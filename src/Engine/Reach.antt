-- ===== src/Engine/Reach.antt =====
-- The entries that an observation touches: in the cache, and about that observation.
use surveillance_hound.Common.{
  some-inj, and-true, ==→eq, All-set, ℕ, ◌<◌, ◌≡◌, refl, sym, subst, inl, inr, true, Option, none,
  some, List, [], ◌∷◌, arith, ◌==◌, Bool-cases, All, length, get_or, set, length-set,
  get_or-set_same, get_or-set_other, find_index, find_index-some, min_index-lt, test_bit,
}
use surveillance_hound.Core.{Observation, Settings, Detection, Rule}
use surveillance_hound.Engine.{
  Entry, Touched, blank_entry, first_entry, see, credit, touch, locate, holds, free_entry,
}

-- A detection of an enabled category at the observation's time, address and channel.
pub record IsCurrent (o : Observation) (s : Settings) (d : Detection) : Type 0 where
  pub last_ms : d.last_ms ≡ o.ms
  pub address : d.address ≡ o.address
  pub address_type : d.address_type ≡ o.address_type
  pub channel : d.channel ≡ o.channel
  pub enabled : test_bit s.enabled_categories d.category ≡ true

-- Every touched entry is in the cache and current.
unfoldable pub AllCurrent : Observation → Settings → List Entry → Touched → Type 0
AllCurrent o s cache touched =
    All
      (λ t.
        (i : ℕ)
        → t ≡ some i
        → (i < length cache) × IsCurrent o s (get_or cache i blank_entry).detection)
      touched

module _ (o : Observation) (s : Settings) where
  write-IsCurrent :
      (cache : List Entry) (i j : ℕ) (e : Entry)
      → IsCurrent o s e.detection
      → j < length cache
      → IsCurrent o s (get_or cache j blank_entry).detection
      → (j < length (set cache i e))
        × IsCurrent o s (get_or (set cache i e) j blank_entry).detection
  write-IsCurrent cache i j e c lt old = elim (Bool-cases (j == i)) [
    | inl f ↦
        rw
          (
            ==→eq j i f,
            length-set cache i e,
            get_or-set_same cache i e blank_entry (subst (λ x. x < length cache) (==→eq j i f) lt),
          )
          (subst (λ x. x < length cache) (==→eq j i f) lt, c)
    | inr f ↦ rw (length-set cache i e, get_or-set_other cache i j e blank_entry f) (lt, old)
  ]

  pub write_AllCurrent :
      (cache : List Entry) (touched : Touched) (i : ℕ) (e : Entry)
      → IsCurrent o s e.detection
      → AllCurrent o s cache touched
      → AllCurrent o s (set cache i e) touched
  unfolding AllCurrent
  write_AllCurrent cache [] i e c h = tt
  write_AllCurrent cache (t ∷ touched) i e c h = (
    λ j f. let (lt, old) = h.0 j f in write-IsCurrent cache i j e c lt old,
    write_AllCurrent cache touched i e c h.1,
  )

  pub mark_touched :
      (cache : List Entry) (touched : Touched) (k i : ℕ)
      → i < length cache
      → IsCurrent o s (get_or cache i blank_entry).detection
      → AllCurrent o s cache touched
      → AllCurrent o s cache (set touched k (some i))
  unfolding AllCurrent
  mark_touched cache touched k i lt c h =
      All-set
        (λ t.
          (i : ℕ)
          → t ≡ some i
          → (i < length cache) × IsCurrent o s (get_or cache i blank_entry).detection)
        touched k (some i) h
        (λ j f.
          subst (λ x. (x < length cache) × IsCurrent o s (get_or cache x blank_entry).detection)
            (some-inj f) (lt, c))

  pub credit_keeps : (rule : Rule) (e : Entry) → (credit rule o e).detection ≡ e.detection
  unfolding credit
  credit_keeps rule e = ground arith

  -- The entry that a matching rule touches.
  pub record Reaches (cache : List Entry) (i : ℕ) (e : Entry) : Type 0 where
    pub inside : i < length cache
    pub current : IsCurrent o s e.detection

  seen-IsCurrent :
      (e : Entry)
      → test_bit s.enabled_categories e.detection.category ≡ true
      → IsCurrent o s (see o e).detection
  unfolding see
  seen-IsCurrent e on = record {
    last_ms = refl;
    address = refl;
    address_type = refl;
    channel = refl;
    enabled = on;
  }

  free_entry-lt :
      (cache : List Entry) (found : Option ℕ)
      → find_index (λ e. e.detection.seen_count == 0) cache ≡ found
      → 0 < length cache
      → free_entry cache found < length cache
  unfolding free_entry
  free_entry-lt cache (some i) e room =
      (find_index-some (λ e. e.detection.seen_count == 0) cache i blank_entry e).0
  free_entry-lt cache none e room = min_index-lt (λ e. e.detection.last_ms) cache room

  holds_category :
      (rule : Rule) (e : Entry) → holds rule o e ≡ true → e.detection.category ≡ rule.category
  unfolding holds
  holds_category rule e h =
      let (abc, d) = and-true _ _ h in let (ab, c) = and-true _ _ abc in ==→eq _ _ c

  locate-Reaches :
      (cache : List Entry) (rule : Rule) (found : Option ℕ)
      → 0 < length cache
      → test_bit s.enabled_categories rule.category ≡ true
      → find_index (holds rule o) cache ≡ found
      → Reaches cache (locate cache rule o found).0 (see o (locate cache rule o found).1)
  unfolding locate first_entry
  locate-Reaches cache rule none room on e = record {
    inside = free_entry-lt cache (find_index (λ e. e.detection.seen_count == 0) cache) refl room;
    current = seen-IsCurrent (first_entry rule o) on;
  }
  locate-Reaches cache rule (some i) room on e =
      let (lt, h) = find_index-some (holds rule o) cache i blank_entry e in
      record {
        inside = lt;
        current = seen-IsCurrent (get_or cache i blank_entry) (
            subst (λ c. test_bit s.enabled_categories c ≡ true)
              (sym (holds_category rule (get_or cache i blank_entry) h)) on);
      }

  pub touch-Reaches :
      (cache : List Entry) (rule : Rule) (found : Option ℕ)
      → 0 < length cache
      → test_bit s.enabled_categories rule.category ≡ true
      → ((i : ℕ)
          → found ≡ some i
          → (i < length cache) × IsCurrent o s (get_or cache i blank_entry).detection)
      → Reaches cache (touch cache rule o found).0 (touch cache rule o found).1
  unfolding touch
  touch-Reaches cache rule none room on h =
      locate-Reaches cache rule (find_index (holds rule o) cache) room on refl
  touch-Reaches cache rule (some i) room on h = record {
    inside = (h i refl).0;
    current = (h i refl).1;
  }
...
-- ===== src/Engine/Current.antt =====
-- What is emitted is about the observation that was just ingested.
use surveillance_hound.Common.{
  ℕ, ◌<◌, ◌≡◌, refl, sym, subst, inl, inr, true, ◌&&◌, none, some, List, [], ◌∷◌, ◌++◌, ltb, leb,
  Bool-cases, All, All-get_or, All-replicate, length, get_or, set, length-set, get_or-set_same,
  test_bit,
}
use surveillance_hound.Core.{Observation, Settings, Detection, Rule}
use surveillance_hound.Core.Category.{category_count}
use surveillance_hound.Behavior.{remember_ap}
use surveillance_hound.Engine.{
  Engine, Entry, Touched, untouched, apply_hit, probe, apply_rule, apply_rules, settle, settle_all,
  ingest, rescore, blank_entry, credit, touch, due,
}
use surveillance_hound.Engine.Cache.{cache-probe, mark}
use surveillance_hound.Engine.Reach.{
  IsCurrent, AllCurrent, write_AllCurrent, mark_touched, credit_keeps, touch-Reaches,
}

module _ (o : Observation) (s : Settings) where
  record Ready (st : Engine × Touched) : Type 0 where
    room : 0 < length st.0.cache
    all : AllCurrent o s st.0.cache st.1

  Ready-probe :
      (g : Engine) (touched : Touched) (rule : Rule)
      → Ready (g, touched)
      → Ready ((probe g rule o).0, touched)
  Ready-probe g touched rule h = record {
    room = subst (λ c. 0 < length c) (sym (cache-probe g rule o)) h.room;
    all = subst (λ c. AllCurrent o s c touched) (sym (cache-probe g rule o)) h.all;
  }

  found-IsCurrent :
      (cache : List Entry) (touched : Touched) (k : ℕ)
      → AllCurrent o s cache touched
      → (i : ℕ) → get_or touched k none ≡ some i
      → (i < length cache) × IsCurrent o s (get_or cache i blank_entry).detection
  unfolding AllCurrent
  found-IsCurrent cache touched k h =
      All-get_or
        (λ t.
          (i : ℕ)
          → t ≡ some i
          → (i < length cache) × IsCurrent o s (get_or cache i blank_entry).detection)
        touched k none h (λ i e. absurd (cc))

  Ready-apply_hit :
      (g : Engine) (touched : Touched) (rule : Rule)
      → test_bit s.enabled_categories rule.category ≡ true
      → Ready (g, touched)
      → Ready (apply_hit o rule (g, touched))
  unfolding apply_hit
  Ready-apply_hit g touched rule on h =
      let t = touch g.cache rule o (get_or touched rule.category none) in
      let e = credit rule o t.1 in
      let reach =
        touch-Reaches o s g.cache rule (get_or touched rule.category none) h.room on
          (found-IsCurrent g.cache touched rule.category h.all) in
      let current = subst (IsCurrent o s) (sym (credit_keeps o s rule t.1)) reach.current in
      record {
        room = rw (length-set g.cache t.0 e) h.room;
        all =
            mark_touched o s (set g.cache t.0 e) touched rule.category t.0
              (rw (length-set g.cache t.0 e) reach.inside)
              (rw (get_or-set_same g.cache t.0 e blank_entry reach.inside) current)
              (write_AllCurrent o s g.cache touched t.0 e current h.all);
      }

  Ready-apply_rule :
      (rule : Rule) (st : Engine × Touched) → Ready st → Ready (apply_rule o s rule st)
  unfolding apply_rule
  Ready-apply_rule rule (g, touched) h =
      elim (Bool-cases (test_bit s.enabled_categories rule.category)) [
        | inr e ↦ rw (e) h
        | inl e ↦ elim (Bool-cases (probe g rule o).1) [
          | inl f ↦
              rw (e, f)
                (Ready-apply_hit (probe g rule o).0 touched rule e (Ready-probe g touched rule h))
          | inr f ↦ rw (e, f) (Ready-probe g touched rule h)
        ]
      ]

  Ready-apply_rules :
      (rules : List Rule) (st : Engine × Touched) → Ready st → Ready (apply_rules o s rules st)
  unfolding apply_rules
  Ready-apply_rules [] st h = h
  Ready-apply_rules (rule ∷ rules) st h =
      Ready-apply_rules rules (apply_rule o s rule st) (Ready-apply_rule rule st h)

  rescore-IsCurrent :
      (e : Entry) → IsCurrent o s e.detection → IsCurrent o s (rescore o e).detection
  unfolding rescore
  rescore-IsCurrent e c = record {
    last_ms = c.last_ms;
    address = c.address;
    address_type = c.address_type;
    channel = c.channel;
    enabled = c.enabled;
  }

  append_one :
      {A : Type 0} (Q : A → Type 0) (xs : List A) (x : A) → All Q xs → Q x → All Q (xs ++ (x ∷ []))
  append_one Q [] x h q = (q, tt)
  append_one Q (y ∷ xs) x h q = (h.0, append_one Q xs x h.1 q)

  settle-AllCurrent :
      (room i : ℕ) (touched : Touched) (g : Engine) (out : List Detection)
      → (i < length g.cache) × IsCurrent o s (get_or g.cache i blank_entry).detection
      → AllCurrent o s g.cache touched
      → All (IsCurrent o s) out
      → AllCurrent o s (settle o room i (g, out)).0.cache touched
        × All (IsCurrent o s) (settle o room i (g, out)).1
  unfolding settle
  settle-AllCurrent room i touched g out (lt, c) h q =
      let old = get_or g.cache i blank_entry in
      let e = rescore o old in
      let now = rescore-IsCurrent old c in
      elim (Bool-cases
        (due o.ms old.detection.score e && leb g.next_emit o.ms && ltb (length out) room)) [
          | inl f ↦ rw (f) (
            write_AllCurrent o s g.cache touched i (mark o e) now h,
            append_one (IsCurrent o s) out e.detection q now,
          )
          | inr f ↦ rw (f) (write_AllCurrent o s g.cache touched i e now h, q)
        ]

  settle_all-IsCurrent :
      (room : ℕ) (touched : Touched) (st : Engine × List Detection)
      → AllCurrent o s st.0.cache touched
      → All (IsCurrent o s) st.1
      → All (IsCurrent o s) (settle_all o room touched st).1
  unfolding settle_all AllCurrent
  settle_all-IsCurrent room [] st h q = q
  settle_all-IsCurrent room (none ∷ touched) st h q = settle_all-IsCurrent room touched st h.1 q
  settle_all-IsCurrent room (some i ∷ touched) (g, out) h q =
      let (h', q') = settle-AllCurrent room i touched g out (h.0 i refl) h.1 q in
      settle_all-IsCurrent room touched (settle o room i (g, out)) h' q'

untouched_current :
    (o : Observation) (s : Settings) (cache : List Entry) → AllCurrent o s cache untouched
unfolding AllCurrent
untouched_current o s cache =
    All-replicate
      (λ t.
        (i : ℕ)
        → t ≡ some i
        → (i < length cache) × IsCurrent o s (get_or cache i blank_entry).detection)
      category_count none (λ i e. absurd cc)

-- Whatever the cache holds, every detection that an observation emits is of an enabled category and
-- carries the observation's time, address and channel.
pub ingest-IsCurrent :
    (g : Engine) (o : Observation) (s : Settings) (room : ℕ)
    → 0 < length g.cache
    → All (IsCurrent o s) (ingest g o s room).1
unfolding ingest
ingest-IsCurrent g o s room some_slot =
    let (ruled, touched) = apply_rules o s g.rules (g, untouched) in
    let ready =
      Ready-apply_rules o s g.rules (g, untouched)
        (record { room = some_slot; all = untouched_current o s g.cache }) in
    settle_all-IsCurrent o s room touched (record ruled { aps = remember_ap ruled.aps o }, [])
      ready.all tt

§ EXERCISE INSTRUCTIONS
Above are the records; from them, give again exactly the lines from the one containing "filename src/Engine/Reach.antt" to the one containing "pub address_type : d.address_type", both lines included, and nothing more.

§ RESULT
filename src/Engine/Reach.antt
-- ===== src/Engine/Reach.antt =====
-- The entries that an observation touches: in the cache, and about that observation.
use surveillance_hound.Common.{
  some-inj, and-true, ==→eq, All-set, ℕ, ◌<◌, ◌≡◌, refl, sym, subst, inl, inr, true, Option, none,
  some, List, [], ◌∷◌, arith, ◌==◌, Bool-cases, All, length, get_or, set, length-set,
  get_or-set_same, get_or-set_other, find_index, find_index-some, min_index-lt, test_bit,
}
use surveillance_hound.Core.{Observation, Settings, Detection, Rule}
use surveillance_hound.Engine.{
  Entry, Touched, blank_entry, first_entry, see, credit, touch, locate, holds, free_entry,
}

-- A detection of an enabled category at the observation's time, address and channel.
pub record IsCurrent (o : Observation) (s : Settings) (d : Detection) : Type 0 where
  pub last_ms : d.last_ms ≡ o.ms
  pub address : d.address ≡ o.address
  pub address_type : d.address_type ≡ o.address_type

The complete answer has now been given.